Task description — Take the material below and output exactly the run of lines from the one containing "abbrev pub listed_body" down to the one containing "listed_body (some body)", with both included.

Records for the exercise —

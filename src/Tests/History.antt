-- ===== src/Tests/History.antt =====
-- A server that builds and cleans up, and instances of the theorems about its log.
use gobuild.Build.Verify.{verify, collect_votes}
use gobuild.Common.{
  eq_bytes, ◌≡◌, refl, arith, true, false, none, some, [], ◌∷◌, codes, Bytes, ok, sym, subst,
}
use gobuild.Common.Int.{pos}
use gobuild.Record.{parse_variant, pack_record, parse_record}
use gobuild.Tlog.{
  disk_record, write_number, write_log, write_hashes, write_record, put_in_place, plan, tree_size,
  next_number, add_sum, Dir,
}
use gobuild.Tlog.Read.{read_records, lookup_result}
use gobuild.Tlog.Abstract.{read_log, find_from}
use gobuild.Tlog.Finds.{answer}
use gobuild.Build.Run.Store.{add_result, verify_and_add, Server, Outcome, built, build}
use gobuild.Build.Run.Store.Refused.{IsIntact}
use gobuild.Build.Recent.{read_recent_builds}
use gobuild.Sdk.Targets.Use.{Targets, initial_targets}
use gobuild.Cleanup.{FileAge, since}
use gobuild.Cleanup.Restored.{cleaned, build-cleaned}
use gobuild.History.{History, started, builds, cleans, logged}
use gobuild.History.Refines.{read_records-refines, lookup_result-refines}
use gobuild.Build.Recent.{result_link}
use gobuild.Common.{map}
use gobuild.History.Restart.{read_recent_builds-last_ten}
use gobuild.Strings.{
  chop, has_suffix, join, format_int, parse_int, trim_space, has_prefix, split, cut_text,
}
use gobuild.Sdk.Versions.{parse_numbers, strip_more, parse_go_version}
use gobuild.Build.Module.{ensure_gobin, ensure_module}
use gobuild.Build.Run.{compile, make_bin_dir}
use gobuild.Build.Run.Store.{store_result, hash_binary, restore, previous_number}
use gobuild.Cleanup.{cleanup_binaries, clean_dir}
use gobuild.Tlog.Signed.{Signing, signed}
use gobuild.History.Signed.{SignsTree, signed-covers}
use gobuild.Tests.Record.{sherpa_result}
use gobuild.Tests.Tlog.{leaves, leaves-IsHashTree, sound_disk}
use gobuild.Tests.Build.{calls, fresh, small_result, build-first}

abbrev after_first : Server
after_first = (build calls leaves sound_disk sherpa_result.spec [] fresh).0

-- Every binary was read 101 nanoseconds ago.
abbrev old : Bytes → FileAge
old p = since (pos 101) false

abbrev pub emptied : Server
emptied = cleaned (pos 100) old after_first

fresh-History : History leaves [] fresh
fresh-History =
    started fresh (record { no_records = refl; no_hashes = refl; no_numbers = λ p. refl })

pub emptied-History : History leaves (small_result ∷ []) emptied
emptied-History =
    cleans
      (subst (λ (o : Outcome). History leaves (logged [] o []) after_first) build-first
        (builds fresh-History calls sound_disk sherpa_result.spec []
          (subst IsIntact (sym build-first) tt)))
      (pos 100) old

read_records-refines_example :
    read_records emptied.store.records (pos 0) (pos 1) ≡ read_log (small_result ∷ []) 0 1
read_records-refines_example =
    read_records-refines leaves leaves-IsHashTree emptied-History 0 1 (omega arith)

lookup_result-refines_example :
    lookup_result leaves sherpa_result.spec emptied.store
    ≡ ok (
        answer
          (emptied.store.dirs (leaves.store_dir sherpa_result.spec))
          (find_from leaves.store_dir (leaves.store_dir sherpa_result.spec) 0 (small_result ∷ [])))
lookup_result-refines_example =
    lookup_result-refines leaves leaves-IsHashTree emptied-History sherpa_result.spec
      (omega arith, tt) (omega arith)

read_recent_builds-last_ten_example :
    (after : Targets) × (read_recent_builds emptied.store.records initial_targets []
      ≡ ok (after, map result_link (small_result ∷ [])))
read_recent_builds-last_ten_example =
    read_recent_builds-last_ten leaves leaves-IsHashTree emptied-History (omega arith, tt)
      (omega arith) initial_targets

abbrev numbered : Dir
numbered = record { record_number = some (codes "7"); has_log = true; has_binary = true }

abbrev with_binary : Server
with_binary = record fresh { store = record fresh.store { dirs = λ p. some numbered } }

build-again :
    (build calls leaves sound_disk sherpa_result.spec sherpa_result.sum
      (cleaned (pos 100) old with_binary)).1
    ≡ built (pos 7) small_result
unfolding build compile ensure_gobin ensure_module make_bin_dir parse_go_version store_result
    hash_binary restore previous_number parse_int trim_space eq_bytes has_prefix parse_numbers split
    strip_more cut_text cleanup_binaries clean_dir
build-again = refl

build-cleaned_example :
    lookup_result leaves sherpa_result.spec
      (build calls leaves sound_disk sherpa_result.spec sherpa_result.sum
        (cleaned (pos 100) old with_binary)).0.store
    ≡ lookup_result leaves sherpa_result.spec with_binary.store
build-cleaned_example =
    build-cleaned calls leaves sound_disk (pos 100) old sherpa_result.spec sherpa_result.sum
      with_binary (pos 7) small_result numbered (λ e. ground arith) refl refl build-again

-- A signer that signs with nothing, for trees whose hash is their size.
abbrev signing : Signing Unit
signing = record {
  tree_hash = λ n read. some (n ∷ []);
  read_tile = λ t read. none;
  format_tree = λ n root. n ∷ root;
  sign = λ text. some text;
}

signed-first : signed signing after_first.store ≡ ok (1 ∷ 1 ∷ [])
unfolding signed build compile ensure_gobin ensure_module make_bin_dir parse_go_version store_result
    hash_binary verify_and_add collect_votes verify parse_record add_result add_sum next_number
    tree_size plan pack_record format_int join put_in_place write_record write_hashes write_log
    write_number eq_bytes has_prefix parse_numbers split strip_more cut_text parse_int has_suffix
    chop parse_variant disk_record
signed-first = refl

signed-covers_example : SignsTree signing after_first.store 1 (1 ∷ 1 ∷ [])
signed-covers_example =
    signed-covers signing leaves leaves-IsHashTree fresh-History calls sound_disk sherpa_result.spec
      0 small_result (1 ∷ 1 ∷ []) build-first signed-first
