-- ===== src/Web/Index.antt =====
-- index.go: serveIndex, the page of a build or a result, as what is given to its template.
pub mod Links
pub mod Refused
pub mod Page
pub mod Shown
use gobuild.Common.{
  ℕ, Bool, true, false, not, ◌&&◌, ◌==◌, if◌then◌else◌, Option, none, some, List, [], ◌∷◌, ◌++◌,
  map, Bytes, codes, eq_bytes, drop, Result, ok, err, ◌>>=◌, ◌>>◌, guard, or_fail,
}
use gobuild.Strings.{split}
use gobuild.Spec.{BuildSpec, append_dir}
use gobuild.Record.{BuildResult}
use gobuild.Request.{Request, index_page, link, download_filename}
use gobuild.Sdk.Targets.{Target}
use gobuild.Tlog.{Dir, Store, HashTree}
use gobuild.Tlog.Server.{number_file}
use gobuild.Build.Verify.{Response}

-- Where a link leads, whether there is a result, and whether it is the page at hand.
pub record PageLink : Type 0 where
  pub url : Bytes
  pub success : Bool
  pub active : Bool

pub record VersionLink : Type 0 where
  pub version : Bytes
  pub page : PageLink

pub record GoversionLink : Type 0 where
  pub goversion : Bytes
  pub page : PageLink
  pub supported : Bool

pub record TargetLink : Type 0 where
  pub goos : Bytes
  pub goarch : Bytes
  pub page : PageLink

pub record VariantLink : Type 0 where
  pub variant : Bytes
  pub title : Bytes
  pub page : PageLink

abbrev pub is_some {ℓ} : {A : Type ℓ} → Option A → Bool
is_some none = false
is_some (some a) = true

unfoldable pub index_link : BuildSpec → Bytes
index_link bs = link (record { spec = bs; sum = []; page = index_page })

-- The steps of the request to the module proxy that fail
pub data ListError : Type 0 where
  bad_module_path no_request no_response bad_status not_read : ListError

-- The answer of the module proxy, with the newest version, which is "" without one.
pub record ModVersions : Type 0 where
  pub list_error : Option ListError
  pub latest_version : Bytes
  pub version_links : List VersionLink

-- log.gz: there is none, it cannot be read, or its text.
pub data LogFile : Type 0 where
  no_log log_not_read : LogFile
  log_text : Bytes → LogFile

-- What the page is made from: module.EscapePath, config.GoProxy, the HTTP client, sort.Slice with
-- the newer version first, the state of the toolchains and the targets, the log, and the size of
-- binary.gz where it is there.
pub record IndexFacts : Type 0 where
  pub escape_path : Bytes → Option Bytes
  pub go_proxy : Bytes
  pub request_fails : Bool
  pub http_get : Bytes → Option Response
  pub sort_versions : List VersionLink → List VersionLink
  pub newest_allowed : Bytes
  pub supported_list : List Bytes
  pub remaining_list : List Bytes
  pub target_list : List Target
  pub log_file : LogFile
  pub join_path : List Bytes → Bytes
  pub binary_gz_size : Option ℕ

pub data Newer : Type 0 where
  newer_both newer_module newer_toolchain : Newer

abbrev no_versions : ListError → ModVersions
no_versions e = record { list_error = some e; latest_version = []; version_links = [] }

abbrev pub first_version : List VersionLink → Bytes
first_version [] = []
first_version (l ∷ ls) = l.version

module _ (h : HashTree) (s : Store) (bs : BuildSpec) where
  -- The link to the index page of a specification, on that of `bs`
  unfoldable pub page_link : BuildSpec → PageLink
  unfolding index_link eq_bytes
  page_link to = record {
    url = index_link to;
    success = is_some (number_file (s.dirs (h.store_dir to)));
    active = eq_bytes (index_link to) (index_link bs);
  }

  unfoldable pub version_link : Bytes → VersionLink
  version_link v = record { version = v; page = page_link (record bs { version = v }) }

  -- The loop over the lines of the list
  unfoldable pub line_links : List Bytes → List VersionLink
  unfolding eq_bytes version_link
  line_links [] = []
  line_links (l ∷ ls) =
      let rest = line_links ls in if eq_bytes l [] then rest else version_link l ∷ rest

  unfoldable pub goversion_link : Bool → Bytes → GoversionLink
  goversion_link supported v = record {
    goversion = v;
    page = page_link (record bs { goversion = v });
    supported = supported;
  }

  unfoldable pub target_link : Target → TargetLink
  target_link t = record {
    goos = t.goos;
    goarch = t.goarch;
    page = page_link (record bs { goos = t.goos; goarch = t.goarch });
  }

  -- addVariant
  unfoldable pub variant_link : Bytes → Bytes → Bool → VariantLink
  variant_link v title stripped = record {
    variant = v;
    title = title;
    page = page_link (record bs { stripped = stripped });
  }

  module _ (f : IndexFacts) where
    abbrev pub listed_body : Option Bytes → Result ListError (List VersionLink)
    listed_body none = err not_read
    listed_body (some body) = ok (f.sort_versions (line_links (split b'\n' body)))

    abbrev pub listed_response : Response → Result ListError (List VersionLink)
    listed_response r = if r.status == 200 then listed_body r.body else err bad_status

    -- The goroutine that asks the module proxy
    unfoldable pub list_versions : Result ListError (List VersionLink)
    unfolding line_links
    list_versions = do
      path ← or_fail (f.escape_path bs.mod_path) bad_module_path
      guard (not f.request_fails) no_request
      r ← or_fail (f.http_get (f.go_proxy ++ (path ++ codes "/@v/list"))) no_response
      listed_response r

    abbrev pub versions_of : Result ListError (List VersionLink) → ModVersions
    versions_of (err e) = no_versions e
    versions_of (ok ls) = record {
      list_error = none;
      latest_version = first_version ls;
      version_links = ls;
    }

    abbrev differs : Bytes → Bytes → Bool
    differs a b = not (eq_bytes a b) && not (eq_bytes b [])

    -- newerText
    unfoldable pub newer_kind : Bytes → Option Newer
    unfolding eq_bytes
    newer_kind latest =
        if differs bs.goversion f.newest_allowed && differs bs.version latest
        then some newer_both
        else if differs bs.version latest
        then some newer_module
        else if differs bs.goversion f.newest_allowed
        then some newer_toolchain
        else none

    abbrev newer_spec : Bytes → BuildSpec
    newer_spec latest = record bs { version = latest; goversion = f.newest_allowed }

    abbrev pub with_newer_url : Bytes → Option Newer → Option (Newer × Bytes)
    with_newer_url latest none = none
    with_newer_url latest (some n) = some (n, index_link (newer_spec latest))

    -- newerText and newerURL
    unfoldable pub newer_link : Bytes → Option (Newer × Bytes)
    unfolding newer_kind index_link
    newer_link latest = with_newer_url latest (newer_kind latest)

Reply to the exercise —
    abbrev pub listed_body : Option Bytes → Result ListError (List VersionLink)
    listed_body none = err not_read
    listed_body (some body) = ok (f.sort_versions (line_links (split b'\n' body)))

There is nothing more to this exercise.